# Series 2 RS Turbo



## GrEyHoUnD (Oct 9, 2010)

Hello all,

last weekend i had the pleasure of cleaning a mate of mines RS Turbo. Thought it was worthy of a thread so here goes!

Products used were:

2BM
Dodo Born to be mild
Dodo Yeti wash mitt
Blackmax Pre wax glaze
Autoglym HD Wax
Valet Pro ph neutral snow foam
Bilberry Wheel cleaner
Various brushes
Menzerna Power gloss 
Many MF clothes
Auto Engine and machine cleaner
(thats about it i think!)

Here goes with the pics (he's ok with having his plate on here)

Before




































Washing









































































After 2BM
































































Under the Bonnet Time!




























After the pre-wax treatment














































Wax Time!



















After the first coat of wax




























After the Second coat





































Underneath




























Hello air filter!!










Finished engine bay




























Then Finally, show pictures 
































































The End!!

Sorry for the loads of pics but i couldnt choose which ones to keep so just put them all in!!!

Cheers

Jonny


----------



## alan_mcc (Oct 28, 2008)

that's perfect :argie:


----------



## Scrim-1- (Oct 8, 2008)

Looks nice, no tyre dressing?


----------



## mk2jon (Mar 10, 2009)

Old skool turbo :thumb:


----------



## TIODGE (Jan 26, 2011)

Good work but car isn't my cup of tea.. Think the back bumper looks the bees but the front is a bit to in your face


----------



## GrEyHoUnD (Oct 9, 2010)

Scrim-1- said:


> Looks nice, no tyre dressing?


He hates shiny tyres so just cleaned them


----------



## GrEyHoUnD (Oct 9, 2010)

TIODGE said:


> Good work but car isn't my cup of tea.. Think the back bumper looks the bees but the front is a bit to in your face


Yeah its a clio rear diffuser  the front is very angry haha


----------



## Teddy (Dec 15, 2007)

Impressively clean but older cars shouldn't have modern day styling features - such as the rear bumper and red pin stripe on the wheels.


----------



## antony_Dannatt (Jun 3, 2008)

the rear is awesome suits the diffuser soooooooo well but as said earlier front a bit angry for me . Good clean too!!


----------



## stonejedi (Feb 2, 2008)

lovely example superb work.how much power is that one pushing out?


----------



## GrEyHoUnD (Oct 9, 2010)

Its only running about 8psi at the minute because its still being run in but when thats sorted it will be around 210bhp i think my mate said.


----------



## perks (Aug 13, 2008)

I remember this from Performance Ford.
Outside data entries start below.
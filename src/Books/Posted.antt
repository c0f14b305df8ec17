-- ===== src/Books/Posted.antt =====
-- Every transaction has the entries that its check wants, and every entry has its transaction.
use go_hermes.Base.{
  true, false, Option, none, List, [], ◌∷◌, ◌++◌, ◌≡◌, inl, inr, refl, sym, ap, ◌∙◌, subst, arith,
  All, All-mono, All-both, find, select, ◌==◌, ==_iff, ==_refl, Bool-cases,
}
use mathlib.Core.List.{append-nil}
use go_hermes.Books.{select-append, some-none}
use go_hermes.Books.Posting.{Posts, Passes}
use go_hermes.Entity.{Uuid, Transaction, LedgerEntry}
use go_hermes.Reconciliation.Check.{has_transaction}
use go_hermes.Reconciliation.Entry.{validate_ledger_entry_math}
use go_hermes.Store.View.{View}
use go_hermes.UuidLib.{UuidLib}

abbrev pub transaction_by_id : Uuid → List Transaction → Option Transaction
transaction_by_id i = find (λ x. x.id == i)

-- The primary key of the transactions.
abbrev pub UniqueTransactions : List Transaction → Type 0
UniqueTransactions [] = Unit {0}
UniqueTransactions (x ∷ xs) = (transaction_by_id x.id xs ≡ none) × UniqueTransactions xs

abbrev pub posted_of : Uuid → List LedgerEntry → List LedgerEntry
posted_of i = select (λ e. e.transaction_id == i)

pub record IsPosted (u : UuidLib) (xs : List Transaction) (ledger : List LedgerEntry) : Type 0 where
  pub passes : All (λ x. Passes u x.type x (posted_of x.id ledger)) xs
  pub owned : All (λ e. has_transaction e.transaction_id xs ≡ true) ledger
  pub math : All (λ e. validate_ledger_entry_math e ≡ none) ledger

All-append : {A : Type 0} (P : A → Type 0) (xs ys : List A) → All P xs → All P ys → All P (xs ++ ys)
All-append P [] ys h k = k
All-append P (x ∷ xs) ys (here, h) k = (here, All-append P xs ys h k)

-- A row with a new id leaves lookups alone, and a lookup of its own id finds nothing before it.
UniqueTransactions-append :
    (xs : List Transaction) (row : Transaction)
    → UniqueTransactions (xs ++ row ∷ [])
    → UniqueTransactions xs × All (λ x. (x.id == row.id) ≡ false) xs
UniqueTransactions-append [] row h = (tt, tt)
UniqueTransactions-append (x ∷ xs) row (first, rest) =
    let (unique, others) = UniqueTransactions-append xs row rest in
    ((shorter x.id xs first, unique), (differs x.id xs first, others))
  where
    shorter :
        (i : Uuid) (ys : List Transaction)
        → transaction_by_id i (ys ++ row ∷ []) ≡ none
        → transaction_by_id i ys ≡ none
    shorter i [] h = refl
    shorter i (y ∷ ys) h = elim (Bool-cases (y.id == i)) [
      | inl k ↦ absurd (some-none (rw k at h))
      | inr k ↦ rw k (shorter i ys (rw k at h))
    ]

    differs :
        (i : Uuid) (ys : List Transaction)
        → transaction_by_id i (ys ++ row ∷ []) ≡ none
        → (i == row.id) ≡ false
    differs i [] h = ground arith
    differs i (y ∷ ys) h = elim (Bool-cases (y.id == i)) [
      | inl k ↦ absurd (some-none (rw k at h))
      | inr k ↦ differs i ys (rw k at h)
    ]

posted_of-other :
    (i : Uuid) (es : List LedgerEntry)
    → All (λ e. (e.transaction_id == i) ≡ false) es
    → posted_of i es ≡ []
posted_of-other i [] h = refl
posted_of-other i (e ∷ es) (here, h) = rw here (posted_of-other i es h)

posted_of-own :
    (i : Uuid) (es : List LedgerEntry)
    → All (λ e. (e.transaction_id == i) ≡ true) es
    → posted_of i es ≡ es
posted_of-own i [] h = refl
posted_of-own i (e ∷ es) (here, h) = rw here (ap (λ k. e ∷ k) (posted_of-own i es h))

-- The transaction of an entry is not a new one.
owner-old :
    (i j : Uuid) (xs : List Transaction)
    → has_transaction i xs ≡ true
    → All (λ x. (x.id == j) ≡ false) xs
    → (i == j) ≡ false
owner-old i j [] h others = absurd (ground arith)
owner-old i j (x ∷ xs) h (here, others) = elim (Bool-cases (x.id == i)) [
  | inl k ↦ subst (λ n. (n == j) ≡ false) ((==_iff x.id i).0 k) here
  | inr k ↦ owner-old i j xs (rw k at h) others
]

owner-stays :
    (i : Uuid) (xs : List Transaction) (row : Transaction)
    → has_transaction i xs ≡ true
    → has_transaction i (xs ++ row ∷ []) ≡ true
owner-stays i [] row h = absurd (ground arith)
owner-stays i (x ∷ xs) row h = elim (Bool-cases (x.id == i)) [
  | inl k ↦ rw k
  | inr k ↦ rw k (owner-stays i xs row (rw k at h))
]

owner-new :
    (xs : List Transaction) (row : Transaction) → has_transaction row.id (xs ++ row ∷ []) ≡ true
owner-new [] row = rw (==_refl row.id)
owner-new (x ∷ xs) row = elim (Bool-cases (x.id == row.id)) [
  | inl k ↦ rw k
  | inr k ↦ rw k (owner-new xs row)
]

other-of : (i j : Uuid) → (i == j) ≡ false → (j == i) ≡ false
other-of i j h = ground arith

module _ (u : UuidLib) (xs : List Transaction) (ledger : List LedgerEntry) (row : Transaction)
    (es : List LedgerEntry) (posted : IsPosted u xs ledger)
    (others : All (λ x. (x.id == row.id) ≡ false) xs)
    (own : All (λ e. e.transaction_id ≡ row.id) es) where
  old-Passes :
      (x : Transaction)
      → (x.id == row.id) ≡ false
      → Passes u x.type x (posted_of x.id ledger)
      → Passes u x.type x (posted_of x.id (ledger ++ es))
  old-Passes x other h = subst (Passes u x.type x) (sym same) h
    where
      same : posted_of x.id (ledger ++ es) ≡ posted_of x.id ledger
      same =
          select-append (λ e. e.transaction_id == x.id) ledger es
          ∙ (ap (λ k. posted_of x.id ledger ++ k)
                (posted_of-other x.id es (
                  All-mono
                    (λ e p. subst (λ n. (n == x.id) ≡ false) (sym p) (other-of x.id row.id other))
                    es own))
              ∙ append-nil (posted_of x.id ledger))

  new-entries : posted_of row.id (ledger ++ es) ≡ es
  new-entries =
      select-append (λ e. e.transaction_id == row.id) ledger es
      ∙ (ap (λ k. k ++ posted_of row.id es)
            (posted_of-other row.id ledger (
              All-mono (λ e there. owner-old e.transaction_id row.id xs there others) ledger
                posted.owned))
          ∙ posted_of-own row.id es (All-mono (λ e p. (==_iff e.transaction_id row.id).1 p) es own))

  IsPosted-add :
      Passes u row.type row es
      → All (λ e. validate_ledger_entry_math e ≡ none) es
      → IsPosted u (xs ++ row ∷ []) (ledger ++ es)
  IsPosted-add passes math = record {
    passes =
        All-append _ xs (row ∷ [])
          (All-both (λ x other h. old-Passes x other h) xs others posted.passes)
          (subst (Passes u row.type row) (sym new-entries) passes, tt);
    owned =
        All-append _ ledger es
          (All-mono (λ e there. owner-stays e.transaction_id xs row there) ledger posted.owned)
          (All-mono
            (λ e p.
              subst (λ i. has_transaction i (xs ++ row ∷ []) ≡ true) (sym p) (owner-new xs row))
            es own);
    math = All-append _ ledger es posted.math math;
  }

-- What a movement posts keeps the transactions posted, if no two of them have one id.
pub Posts-IsPosted :
    (u : UuidLib) (v v' : View)
    → Posts u v v'
    → (UniqueTransactions v.transactions → IsPosted u v.transactions v.ledger)
    → UniqueTransactions v'.transactions
    → IsPosted u v'.transactions v'.ledger
Posts-IsPosted u v v' (inl (same, kept)) posted unique =
    subst (λ xs. IsPosted u xs v'.ledger) (sym same)
      (subst (IsPosted u v.transactions) (sym kept) (posted (subst UniqueTransactions same unique)))
Posts-IsPosted u v v' (inr p) posted unique =
    let (before, others) =
      UniqueTransactions-append v.transactions p.row
        (subst UniqueTransactions p.transactions unique) in
    subst (λ xs. IsPosted u xs v'.ledger) (sym p.transactions)
      (subst (IsPosted u (v.transactions ++ p.row ∷ [])) (sym p.ledger) (
        IsPosted-add u v.transactions v.ledger p.row p.entries (posted before) others p.own p.passes
          p.math))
Serious machine and a great job.


----------



## Ant695 (Mar 21, 2011)

Looks awesome.

Ant695


----------



## andrewst500 (Nov 2, 2008)

lovely rs


----------



## tonyy (Jul 26, 2008)

Really nice...great reflections..


----------



## cheeks (Aug 26, 2010)

awesome car, had loads of these "back in the day" and cossies, LOVE that rear bumper mate, mint!


----------



## id_doug (Apr 6, 2011)

Great job and nice finish. Loving some of the "old school" cars on here at the minute. Makes me want to go back to my youth!


----------



## Alan H (Jun 28, 2009)

Absolutely stunning. And that is one trick rear bumper.


----------



## GrEyHoUnD (Oct 9, 2010)

Thanks for the comments  i'll make sure he hears all the feedback :thumb:


----------



## North east Car Care (Jan 14, 2008)

A stunning old skool ford, lovely work matey.


----------



## A21GAV (Nov 26, 2007)

Nice work mate, saw this car at Santa pod as was with Jim, the owner of the Mk5 Escort with RsTurbo engine 2 cars up from this one in the 4th pic from the bottom.


----------



## GrEyHoUnD (Oct 9, 2010)

Yeah i know which one u mean, its the mk5 with the mk6 back end if im right in saying so?


----------



## uzi-blue (Mar 16, 2011)

Love these cars. nice job. :thumb:


----------



## andymoss (Aug 9, 2007)

Great work and nice to see an older car in such top condition. It has to be dry use only I presume?
The rear diffuser integrates superbly on the car but the exhaust seemed a bit small or is that because I almost expect a big boy racer tailpipe?


----------



## bidderman1969 (Oct 20, 2006)

very good work, but not really my cup o'tea, them mirros are ridiculous tho


----------



## GrEyHoUnD (Oct 9, 2010)

andymoss said:


> Great work and nice to see an older car in such top condition. It has to be dry use only I presume?
> The rear diffuser integrates superbly on the car but the exhaust seemed a bit small or is that because I almost expect a big boy racer tailpipe?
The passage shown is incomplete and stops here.